WHAT IS EXPECTED:
Starting at the top of the entries, restate word for word each line up to and including the one with "lookup-erase_self url [] = refl".
───
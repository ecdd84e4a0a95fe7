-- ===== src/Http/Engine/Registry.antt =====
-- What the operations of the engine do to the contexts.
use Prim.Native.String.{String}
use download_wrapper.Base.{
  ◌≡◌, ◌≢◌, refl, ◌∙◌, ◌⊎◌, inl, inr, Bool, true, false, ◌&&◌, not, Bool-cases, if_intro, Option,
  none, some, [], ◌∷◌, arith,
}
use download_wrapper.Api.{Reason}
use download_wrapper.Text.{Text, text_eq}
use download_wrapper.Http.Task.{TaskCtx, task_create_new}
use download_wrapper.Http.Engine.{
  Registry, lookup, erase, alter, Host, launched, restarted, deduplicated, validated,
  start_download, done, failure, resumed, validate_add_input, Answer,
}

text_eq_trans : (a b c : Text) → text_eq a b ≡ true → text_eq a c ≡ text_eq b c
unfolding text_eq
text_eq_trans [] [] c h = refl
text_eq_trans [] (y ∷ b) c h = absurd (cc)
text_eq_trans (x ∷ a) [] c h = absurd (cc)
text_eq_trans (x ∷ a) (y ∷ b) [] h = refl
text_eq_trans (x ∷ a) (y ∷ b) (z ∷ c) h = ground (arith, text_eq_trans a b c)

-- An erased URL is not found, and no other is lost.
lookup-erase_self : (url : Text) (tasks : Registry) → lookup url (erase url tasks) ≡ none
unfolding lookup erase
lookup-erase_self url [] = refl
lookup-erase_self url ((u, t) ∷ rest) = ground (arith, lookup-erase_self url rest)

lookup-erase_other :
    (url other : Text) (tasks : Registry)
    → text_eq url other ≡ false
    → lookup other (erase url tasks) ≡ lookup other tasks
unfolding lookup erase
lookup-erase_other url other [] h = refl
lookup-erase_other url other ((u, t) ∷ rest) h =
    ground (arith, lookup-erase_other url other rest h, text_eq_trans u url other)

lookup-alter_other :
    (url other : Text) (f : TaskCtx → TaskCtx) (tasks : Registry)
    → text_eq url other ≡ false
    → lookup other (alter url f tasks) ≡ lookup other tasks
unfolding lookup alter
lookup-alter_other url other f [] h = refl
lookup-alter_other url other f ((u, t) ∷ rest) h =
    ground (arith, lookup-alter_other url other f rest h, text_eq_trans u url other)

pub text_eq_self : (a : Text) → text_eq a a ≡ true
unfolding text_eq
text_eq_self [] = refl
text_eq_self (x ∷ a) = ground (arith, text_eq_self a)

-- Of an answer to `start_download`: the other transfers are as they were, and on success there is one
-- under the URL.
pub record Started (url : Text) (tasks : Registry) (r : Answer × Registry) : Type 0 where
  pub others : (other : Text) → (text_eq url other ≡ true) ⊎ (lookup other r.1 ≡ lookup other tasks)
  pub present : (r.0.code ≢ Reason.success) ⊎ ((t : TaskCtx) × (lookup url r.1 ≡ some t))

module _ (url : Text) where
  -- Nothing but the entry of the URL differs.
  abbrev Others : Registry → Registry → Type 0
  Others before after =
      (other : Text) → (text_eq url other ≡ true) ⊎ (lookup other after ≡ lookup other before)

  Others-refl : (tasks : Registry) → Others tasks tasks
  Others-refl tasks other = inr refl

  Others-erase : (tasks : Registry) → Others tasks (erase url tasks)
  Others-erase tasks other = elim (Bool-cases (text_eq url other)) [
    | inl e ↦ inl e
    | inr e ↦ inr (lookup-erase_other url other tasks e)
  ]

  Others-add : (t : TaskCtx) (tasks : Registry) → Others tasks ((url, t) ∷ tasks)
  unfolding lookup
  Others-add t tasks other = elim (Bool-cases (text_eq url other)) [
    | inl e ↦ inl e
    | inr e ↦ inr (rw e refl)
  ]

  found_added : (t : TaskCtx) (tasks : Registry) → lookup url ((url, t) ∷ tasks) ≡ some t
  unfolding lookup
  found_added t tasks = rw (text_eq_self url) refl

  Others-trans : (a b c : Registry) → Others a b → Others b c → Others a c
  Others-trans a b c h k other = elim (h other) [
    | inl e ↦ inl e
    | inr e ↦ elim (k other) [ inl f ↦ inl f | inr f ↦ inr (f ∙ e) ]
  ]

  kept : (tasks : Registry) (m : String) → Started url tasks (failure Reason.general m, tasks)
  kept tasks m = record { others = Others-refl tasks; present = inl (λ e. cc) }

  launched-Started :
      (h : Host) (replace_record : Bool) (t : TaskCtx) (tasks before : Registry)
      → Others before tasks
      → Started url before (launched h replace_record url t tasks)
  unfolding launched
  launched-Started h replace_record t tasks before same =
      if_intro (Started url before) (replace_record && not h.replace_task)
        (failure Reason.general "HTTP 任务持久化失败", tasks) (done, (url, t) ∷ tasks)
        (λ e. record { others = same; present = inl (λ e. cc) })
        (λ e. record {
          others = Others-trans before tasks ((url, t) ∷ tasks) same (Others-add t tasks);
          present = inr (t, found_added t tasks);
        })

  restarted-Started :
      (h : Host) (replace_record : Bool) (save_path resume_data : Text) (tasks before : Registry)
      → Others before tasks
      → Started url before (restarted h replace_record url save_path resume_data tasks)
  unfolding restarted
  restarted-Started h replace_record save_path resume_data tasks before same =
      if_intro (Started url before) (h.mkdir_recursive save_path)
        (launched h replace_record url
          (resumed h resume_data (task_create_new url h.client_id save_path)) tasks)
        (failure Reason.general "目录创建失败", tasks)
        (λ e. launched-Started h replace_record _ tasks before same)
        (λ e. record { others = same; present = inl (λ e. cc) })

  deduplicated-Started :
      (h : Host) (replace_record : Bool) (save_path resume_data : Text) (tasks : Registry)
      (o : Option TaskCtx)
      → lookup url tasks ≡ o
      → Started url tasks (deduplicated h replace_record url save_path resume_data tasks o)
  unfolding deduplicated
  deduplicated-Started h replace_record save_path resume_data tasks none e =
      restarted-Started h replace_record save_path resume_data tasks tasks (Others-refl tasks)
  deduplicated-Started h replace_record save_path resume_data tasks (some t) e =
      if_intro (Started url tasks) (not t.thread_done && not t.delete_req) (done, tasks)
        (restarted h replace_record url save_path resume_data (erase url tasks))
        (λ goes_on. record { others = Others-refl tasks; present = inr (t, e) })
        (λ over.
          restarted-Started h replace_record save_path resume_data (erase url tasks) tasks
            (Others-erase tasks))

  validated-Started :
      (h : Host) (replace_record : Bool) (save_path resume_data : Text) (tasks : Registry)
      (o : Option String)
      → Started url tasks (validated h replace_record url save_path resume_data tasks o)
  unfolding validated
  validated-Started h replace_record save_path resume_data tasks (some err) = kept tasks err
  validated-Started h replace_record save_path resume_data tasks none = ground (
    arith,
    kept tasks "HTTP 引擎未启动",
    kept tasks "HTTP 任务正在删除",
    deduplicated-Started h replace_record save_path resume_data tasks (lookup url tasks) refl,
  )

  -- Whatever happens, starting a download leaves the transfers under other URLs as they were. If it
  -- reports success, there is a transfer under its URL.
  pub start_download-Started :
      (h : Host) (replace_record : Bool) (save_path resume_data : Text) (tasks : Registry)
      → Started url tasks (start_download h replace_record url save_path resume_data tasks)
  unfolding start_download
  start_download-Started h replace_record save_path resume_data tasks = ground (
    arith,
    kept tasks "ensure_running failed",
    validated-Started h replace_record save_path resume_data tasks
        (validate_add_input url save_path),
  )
───
ANSWER TO THE PROBLEM:
repository ecdd84e4a0a95fe7
-- ===== src/Http/Engine/Registry.antt =====
-- What the operations of the engine do to the contexts.
use Prim.Native.String.{String}
use download_wrapper.Base.{
  ◌≡◌, ◌≢◌, refl, ◌∙◌, ◌⊎◌, inl, inr, Bool, true, false, ◌&&◌, not, Bool-cases, if_intro, Option,
  none, some, [], ◌∷◌, arith,
}
use download_wrapper.Api.{Reason}
use download_wrapper.Text.{Text, text_eq}
use download_wrapper.Http.Task.{TaskCtx, task_create_new}
use download_wrapper.Http.Engine.{
  Registry, lookup, erase, alter, Host, launched, restarted, deduplicated, validated,
  start_download, done, failure, resumed, validate_add_input, Answer,
}

text_eq_trans : (a b c : Text) → text_eq a b ≡ true → text_eq a c ≡ text_eq b c
unfolding text_eq
text_eq_trans [] [] c h = refl
text_eq_trans [] (y ∷ b) c h = absurd (cc)
text_eq_trans (x ∷ a) [] c h = absurd (cc)
text_eq_trans (x ∷ a) (y ∷ b) [] h = refl
text_eq_trans (x ∷ a) (y ∷ b) (z ∷ c) h = ground (arith, text_eq_trans a b c)

-- An erased URL is not found, and no other is lost.
lookup-erase_self : (url : Text) (tasks : Registry) → lookup url (erase url tasks) ≡ none
unfolding lookup erase
lookup-erase_self url [] = refl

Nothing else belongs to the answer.